Unable to find the Discriminator Instance & the saved disc_path

Question

Unable to find the Discriminator Instance & the saved disc_path

Closed this issue 5 years ago · 3 comments

ayush2051 commented 5 years ago

Hi Tom,
I was trying to use the policy gradient technique. I used the latest commit regarding the LM and QA saved models. But I wasn't able to find the Discriminator instance saved model i.e. disc_emb files, etc. which are being used in the calculation of RL_score. Can you help me in this regard?

Answer 1 · 2019-07-30T13:03:29.000Z

Sorry, I don't have a pre-trained discriminator model that I can provide. The discriminator reward didn't work very well anyway, so your best bet would be to hard code those values to zero and comment out the code that creates the discriminator model.

Answer 2 · 2019-08-01T15:27:42.000Z

Tom, I tried to fine-tune it further using RL but ran into a RunTime error of Out of Memory even after using CUDA visible devices. I guess its a nested tqdm error or maybe an issue of tqdm version compatibility. Am I doing it right to fine-tune using RL or any specific changes I need to incorporate for using Policy Gradient?

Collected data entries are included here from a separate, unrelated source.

-- ===== src/Checkout/Pricing/Usage.antt =====
-- src/modules/checkout/services/pricing.service.ts: how often a discount was used, before a price of
-- an order and after it.
use tri_ad_backend.Base.{
  ℕ, ◌+◌, ◌≡◌, refl, ap, Bool, true, false, ◌&&◌, Option, none, some, List, [], ◌∷◌, map, arith,
  ◌==◌, ltb, if◌then◌else◌, inl, inr, Option-cases,
}
use tri_ad_backend.Base.Int.{pos}
use tri_ad_backend.Shared.Money.{Money, vnd, create}
use tri_ad_backend.Shared.Text.{Text}
use tri_ad_backend.Shared.Errors.{ok, Result-cases}
use tri_ad_backend.Orders.Order.{Pricing}
use tri_ad_backend.Checkout.Db.{Db, DiscountRow, >>=-eq-ok}
use tri_ad_backend.Checkout.Pricing.{
  Doubles, find_by_code, find_discount_by_code, use_discount, check_discount,
  increment_discount_usage, can_use, count_use, multiply_double, price_discount, price_code, price,
  has_uses, result, fee_of, calculate_pricing,
}

-- A row with one use more, if it is the row of the discount and has a use left.
abbrev pub used_once : {D : Type 0} → DiscountRow D → DiscountRow D → DiscountRow D
used_once r q =
    if q.id == r.id && has_uses r.max_uses q.used_count
    then record q { used_count = q.used_count + 1 }
    else q

-- A code was used for a subtotal at a time: its row was active, unexpired and had a use left, the
-- subtotal is large enough for it, and it has one use more.
pub record Used {D : Type 0} (now subtotal : ℕ) (code : Text) (rows rows' : List (DiscountRow D))
    : Type 0 where
  pub row : DiscountRow D
  pub found : find_by_code code rows ≡ some row
  pub active : row.is_active ≡ true
  pub unexpired : (t : ℕ) → row.expires_at ≡ some t → ltb t now ≡ false
  pub enough : (m : ℕ) → row.min_order_amount ≡ some m → ltb subtotal m ≡ false
  pub usable : can_use row.id row.max_uses rows ≡ true
  pub counted : rows' ≡ map (used_once row) rows

-- The discounts before and after a price: a code that is neither absent nor empty was used, if the
-- discounts are enabled.
abbrev pub Redeemed :
    {D : Type 0} → Bool → ℕ → ℕ → Option Text → List (DiscountRow D) → List (DiscountRow D) → Type 0
Redeemed true now subtotal (some (c ∷ code)) rows rows' = Used now subtotal (c ∷ code) rows rows'
Redeemed _ now subtotal _ rows rows' = rows' ≡ rows

count_use-map :
    {D : Type 0} (r : DiscountRow D) (rows : List (DiscountRow D))
    → count_use r.id r.max_uses rows ≡ map (used_once r) rows
unfolding count_use
count_use-map r [] = refl
count_use-map r (q ∷ rows) = ap (λ qs. used_once r q ∷ qs) (count_use-map r rows)

-- What the checks of a discount say of its row.
record IsOpen {D : Type 0} (now : ℕ) (subtotal : Money) (r : DiscountRow D) : Type 0 where
  active : r.is_active ≡ true
  unexpired : (t : ℕ) → r.expires_at ≡ some t → ltb t now ≡ false
  enough : (m : ℕ) → r.min_order_amount ≡ some m → ltb subtotal.amount m ≡ false

check_discount-IsOpen :
    {D : Type 0} (now : ℕ) (subtotal : Money) (r : DiscountRow D)
    → check_discount now subtotal r ≡ ok tt
    → IsOpen now subtotal r
unfolding check_discount
check_discount-IsOpen now subtotal r h = elim (Option-cases r.expires_at) [
  | inl e ↦ elim (Option-cases r.min_order_amount) [
    | inl f ↦ record { active = ground arith; unexpired = λ t g. cc; enough = λ m g. cc }
    | inr (n, f) ↦ record {
      active = ground arith;
      unexpired = λ t g. cc;
      enough = λ m g. ground arith;
    }
  ]
  | inr (u, e) ↦ elim (Option-cases r.min_order_amount) [
    | inl f ↦ record { active = ground arith; unexpired = λ t g. ground arith; enough = λ m g. cc }
    | inr (n, f) ↦ record {
      active = ground arith;
      unexpired = λ t g. ground arith;
      enough = λ m g. ground arith;
    }
  ]
]

module _ (d : Doubles) where
  open d use {Double}

  price_discount-Used :
      (now : ℕ) (subtotal : Money) (code : Text) (db db' : Db Double) (m : Money)
      → price_discount d now subtotal code true db ≡ (ok m, db')
      → Used now subtotal.amount code db.discounts db'.discounts
  unfolding price_discount find_discount_by_code use_discount increment_discount_usage
  price_discount-Used now subtotal code db db' m h =
      elim (Option-cases (find_by_code code db.discounts)) [
        | inl e ↦ absurd (ground arith)
        | inr (r, e) ↦
            let same = count_use-map r db.discounts in
            let checked : check_discount now subtotal r ≡ ok tt = ground arith in
            let is_open = check_discount-IsOpen now subtotal r checked in
            record {
              row = r;
              found = e;
              active = is_open.active;
              unexpired = is_open.unexpired;
              enough = is_open.enough;
              usable = ground arith;
              counted = ground arith;
            }
      ]

  price_code-Redeemed :
      (enabled : Bool) (now : ℕ) (subtotal tax fee : Money) (code : Option Text)
      (db db' : Db Double) (p : Pricing)
      → price_code d now subtotal tax fee code enabled true db ≡ (ok p, db')
      → Redeemed enabled now subtotal.amount code db.discounts db'.discounts
  unfolding price_code
  price_code-Redeemed true now subtotal tax fee (some (c ∷ code)) db db' p h =
      let (m, mid, priced, rest) =
        >>=-eq-ok (price_discount d now subtotal (c ∷ code) true)
          (λ x. λ (t : Db Double). (ok (result tax fee x (some (c ∷ code))), t)) db db' h in
      let same : mid.discounts ≡ db'.discounts = cc in
      rw (← same) (price_discount-Used now subtotal (c ∷ code) db mid m priced)
  price_code-Redeemed false now subtotal tax fee (some (c ∷ code)) db db' p h = cc h
  price_code-Redeemed true now subtotal tax fee (some []) db db' p h = cc h
  price_code-Redeemed false now subtotal tax fee (some []) db db' p h = cc h
  price_code-Redeemed true now subtotal tax fee none db db' p h = cc h
  price_code-Redeemed false now subtotal tax fee none db db' p h = cc h

  -- The price of an order uses its code once.
  pub calculate_pricing-Redeemed :
      (enabled : Bool) (now : ℕ) (subtotal : Money) (code : Option Text) (db db' : Db Double)
      (p : Pricing)
      → calculate_pricing d enabled now subtotal code db ≡ (ok p, db')
      → Redeemed enabled now subtotal.amount code db.discounts db'.discounts
  unfolding calculate_pricing price
  calculate_pricing-Redeemed enabled now subtotal code db db' p h =
      elim (Result-cases (multiply_double d subtotal d.tax_rate)) [
        | inr (x, e) ↦ absurd (ground arith)
        | inl (tax, e) ↦ elim (Result-cases (create (pos (fee_of subtotal)) vnd)) [
          | inr (x, c) ↦ absurd (ground arith)
          | inl (fee, c) ↦
              price_code-Redeemed enabled now subtotal tax fee code db db' p (ground arith)
        ]
      ]
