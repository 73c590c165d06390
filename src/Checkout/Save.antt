-- ===== src/Checkout/Save.antt =====
-- src/modules/checkout/infrastructure/prisma-checkout-unit-of-work.ts: storing the new order,
-- clearing the cart, and the unit of work.
use tri_ad_backend.Base.{
  ℕ, Bool, true, false, ◌&&◌, ◌||◌, Option, none, some, List, [], ◌∷◌, ◌++◌, ◌==◌, if◌then◌else◌,
}
use tri_ad_backend.Shared.Events.{DomainEvent}
use tri_ad_backend.Shared.Aggregate.{pull_events}
use tri_ad_backend.Shared.Errors.{
  application, idempotency_conflict, conflict, other, Result, ok, err, throw_if,
}
use tri_ad_backend.Orders.Order.{Order, subtotal, total}
use tri_ad_backend.Shared.Text.{same_text}
use tri_ad_backend.Checkout.Db.{Db, Tx, CartRow, OrderRow, EventRow, lift, ◌>>=◌, ◌>>◌}

abbrev pub same_key : Option ℕ → ℕ → Bool
same_key none k = false
same_key (some j) k = j == k

-- `findOrderByIdempotencyKey`
unfoldable pub find_by_key : ℕ → ℕ → List OrderRow → Option OrderRow
find_by_key user k [] = none
find_by_key user k (r ∷ rs) =
    if r.order.user_id == user && same_key r.idempotency_key k
    then some r
    else find_by_key user k rs

-- `findOrderWithItems`
unfoldable pub find_by_id : ℕ → List OrderRow → Option OrderRow
find_by_id i [] = none
find_by_id i (r ∷ rs) = if r.order.id == i then some r else find_by_id i rs

-- The index on the user and the key: does it refuse a row? Rows without a key are free of it.
unfoldable pub key_taken : ℕ → Option ℕ → List OrderRow → Bool
key_taken user none rs = false
key_taken user (some k) rs = elim (find_by_key user k rs) [ none ↦ false | some r ↦ true ]

unfoldable pub number_taken : Order → List OrderRow → Bool
number_taken o [] = false
number_taken o (r ∷ rs) = same_text r.order.order_number o.order_number || number_taken o rs

-- The primary key and the index on the order number.
unfoldable pub id_taken : Order → List OrderRow → Bool
id_taken o rs = elim (find_by_id o.id rs) [ none ↦ false | some r ↦ true ]

-- The outbox rows of the events of an aggregate at a source version.
unfoldable pub event_rows : ℕ → List DomainEvent → List EventRow
event_rows v [] = []
event_rows v (e ∷ es) = record { event = e; source_version = v } ∷ event_rows v es

-- The order as the call leaves it: `persistDomainEvents` has pulled its events.
abbrev pub pulled : Order → Order
pulled o = record o { root = (pull_events o.root).1 }

unfoldable pub other_carts : ℕ → List CartRow → List CartRow
other_carts c [] = []
other_carts c (i ∷ is) = if i.cart_id == c then other_carts c is else i ∷ other_carts c is

module _ {D : Type 0} where
  -- `saveNewOrder`, with the order as it is then. A violated unique index (`P2002`) throws: on the
  -- key `IdempotencyConflictError`, on any other the database's error.
  unfoldable pub save_new_order : Order → Option ℕ → Tx D Order
  save_new_order o key db =
      (do
        sub ← lift (subtotal o)
        tot ← lift (total o)
        lift (throw_if (key_taken o.user_id key db.orders) idempotency_conflict)
        lift (throw_if (id_taken o db.orders || number_taken o db.orders) (other 2002))
        λ db. (
          ok (pulled o),
          record db {
            orders =
                db.orders
                ++ record {
                  order = pulled o;
                  subtotal = sub.amount;
                  total = tot.amount;
                  idempotency_key = key;
                }
                  ∷ [];
            outbox = db.outbox ++ event_rows 0 o.domain_events;
          },
        ))
        db

  unfoldable pub clear_cart_items : ℕ → Tx D (Unit {0})
  clear_cart_items c db = (ok tt, record db { cart_items = other_carts c db.cart_items })

  -- `PrismaCheckoutUnitOfWork.run`: the tables are those after the work if it returns, and those
  -- before it if it throws, or if the database aborts the transaction (`P2034`).
  unfoldable pub commit : {A : Type 0} → Bool → Db D → Result A × Db D → Result A × Db D
  commit true db out = (err (application conflict), db)
  commit false db (ok a, db') = (ok a, db')
  commit false db (err e, db') = (err e, db)

  unfoldable pub run : {A : Type 0} → Bool → Tx D A → Tx D A
  unfolding commit
  run aborts work db = commit aborts db (work db)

Secondly, as experimented by you, you couldnt find any significant improvement even after using RL right? So I shoud stick to doing experiments only on Seq2Seq model maybe?

Answer 3 · 2019-08-05T12:24:08.000Z

You will probably have to reduce the batch size when using RL. The tqdm is a red herring, it shows that because tqdm catches the exception inside the main loop and rethrows it.

Yes, as found in our paper, RL training didn't improve question quality with the rewards we tried.